**How to complete this task:**
All the data beneath this line is to be reproduced exactly.
☆ ☆ ☆ ☆
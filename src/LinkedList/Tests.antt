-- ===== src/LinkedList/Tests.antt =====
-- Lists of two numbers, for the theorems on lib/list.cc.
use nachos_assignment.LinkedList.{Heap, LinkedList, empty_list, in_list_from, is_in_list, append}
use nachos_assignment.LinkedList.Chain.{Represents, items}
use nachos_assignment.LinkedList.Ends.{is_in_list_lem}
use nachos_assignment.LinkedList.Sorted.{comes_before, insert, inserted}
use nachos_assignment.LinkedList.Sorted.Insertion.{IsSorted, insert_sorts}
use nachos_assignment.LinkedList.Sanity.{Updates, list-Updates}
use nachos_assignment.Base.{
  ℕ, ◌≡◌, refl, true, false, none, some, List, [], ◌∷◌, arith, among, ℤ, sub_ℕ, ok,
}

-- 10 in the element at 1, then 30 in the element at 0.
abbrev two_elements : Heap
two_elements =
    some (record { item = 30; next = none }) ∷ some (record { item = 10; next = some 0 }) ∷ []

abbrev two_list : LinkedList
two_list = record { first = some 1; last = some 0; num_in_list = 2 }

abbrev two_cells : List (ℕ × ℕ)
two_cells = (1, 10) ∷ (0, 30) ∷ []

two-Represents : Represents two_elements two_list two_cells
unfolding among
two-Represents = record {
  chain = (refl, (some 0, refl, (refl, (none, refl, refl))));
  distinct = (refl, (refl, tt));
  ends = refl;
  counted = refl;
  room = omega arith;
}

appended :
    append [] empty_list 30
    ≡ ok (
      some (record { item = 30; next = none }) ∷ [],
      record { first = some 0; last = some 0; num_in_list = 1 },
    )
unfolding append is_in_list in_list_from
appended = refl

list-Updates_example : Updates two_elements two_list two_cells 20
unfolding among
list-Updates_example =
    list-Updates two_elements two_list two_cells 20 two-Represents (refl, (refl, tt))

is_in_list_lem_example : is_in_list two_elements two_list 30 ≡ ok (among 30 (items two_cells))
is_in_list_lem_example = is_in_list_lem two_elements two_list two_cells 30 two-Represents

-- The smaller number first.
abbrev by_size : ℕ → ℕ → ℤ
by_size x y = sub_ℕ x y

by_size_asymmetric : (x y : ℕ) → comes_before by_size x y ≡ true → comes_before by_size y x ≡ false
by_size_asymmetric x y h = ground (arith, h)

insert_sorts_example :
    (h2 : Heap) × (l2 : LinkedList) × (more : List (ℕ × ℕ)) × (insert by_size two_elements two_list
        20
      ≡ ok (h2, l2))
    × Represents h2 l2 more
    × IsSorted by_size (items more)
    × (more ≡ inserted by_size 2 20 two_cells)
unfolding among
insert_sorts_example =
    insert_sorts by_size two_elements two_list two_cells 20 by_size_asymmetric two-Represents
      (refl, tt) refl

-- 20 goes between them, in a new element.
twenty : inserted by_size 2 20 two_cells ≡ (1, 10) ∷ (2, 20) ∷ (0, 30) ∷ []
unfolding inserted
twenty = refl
☆ ☆ ☆ ☆
**Exercise output:**
filename src/LinkedList/Tests.antt
-- ===== src/LinkedList/Tests.antt =====
-- Lists of two numbers, for the theorems on lib/list.cc.
use nachos_assignment.LinkedList.{Heap, LinkedList, empty_list, in_list_from, is_in_list, append}
use nachos_assignment.LinkedList.Chain.{Represents, items}
use nachos_assignment.LinkedList.Ends.{is_in_list_lem}
use nachos_assignment.LinkedList.Sorted.{comes_before, insert, inserted}
use nachos_assignment.LinkedList.Sorted.Insertion.{IsSorted, insert_sorts}
use nachos_assignment.LinkedList.Sanity.{Updates, list-Updates}
use nachos_assignment.Base.{
  ℕ, ◌≡◌, refl, true, false, none, some, List, [], ◌∷◌, arith, among, ℤ, sub_ℕ, ok,
}

-- 10 in the element at 1, then 30 in the element at 0.
abbrev two_elements : Heap
two_elements =
    some (record { item = 30; next = none }) ∷ some (record { item = 10; next = some 0 }) ∷ []

abbrev two_list : LinkedList
two_list = record { first = some 1; last = some 0; num_in_list = 2 }

abbrev two_cells : List (ℕ × ℕ)
two_cells = (1, 10) ∷ (0, 30) ∷ []

two-Represents : Represents two_elements two_list two_cells
unfolding among
two-Represents = record {
  chain = (refl, (some 0, refl, (refl, (none, refl, refl))));
  distinct = (refl, (refl, tt));
  ends = refl;
  counted = refl;
  room = omega arith;
}

appended :
    append [] empty_list 30
    ≡ ok (
      some (record { item = 30; next = none }) ∷ [],
      record { first = some 0; last = some 0; num_in_list = 1 },
    )
unfolding append is_in_list in_list_from
appended = refl

list-Updates_example : Updates two_elements two_list two_cells 20
unfolding among
list-Updates_example =
    list-Updates two_elements two_list two_cells 20 two-Represents (refl, (refl, tt))

is_in_list_lem_example : is_in_list two_elements two_list 30 ≡ ok (among 30 (items two_cells))
is_in_list_lem_example = is_in_list_lem two_elements two_list two_cells 30 two-Represents

-- The smaller number first.
abbrev by_size : ℕ → ℕ → ℤ
by_size x y = sub_ℕ x y

by_size_asymmetric : (x y : ℕ) → comes_before by_size x y ≡ true → comes_before by_size y x ≡ false
by_size_asymmetric x y h = ground (arith, h)

insert_sorts_example :
    (h2 : Heap) × (l2 : LinkedList) × (more : List (ℕ × ℕ)) × (insert by_size two_elements two_list
        20
      ≡ ok (h2, l2))
    × Represents h2 l2 more
    × IsSorted by_size (items more)
    × (more ≡ inserted by_size 2 20 two_cells)
unfolding among
insert_sorts_example =
    insert_sorts by_size two_elements two_list two_cells 20 by_size_asymmetric two-Represents
      (refl, tt) refl

-- 20 goes between them, in a new element.
twenty : inserted by_size 2 20 two_cells ≡ (1, 10) ∷ (2, 20) ∷ (0, 30) ∷ []
unfolding inserted
twenty = refl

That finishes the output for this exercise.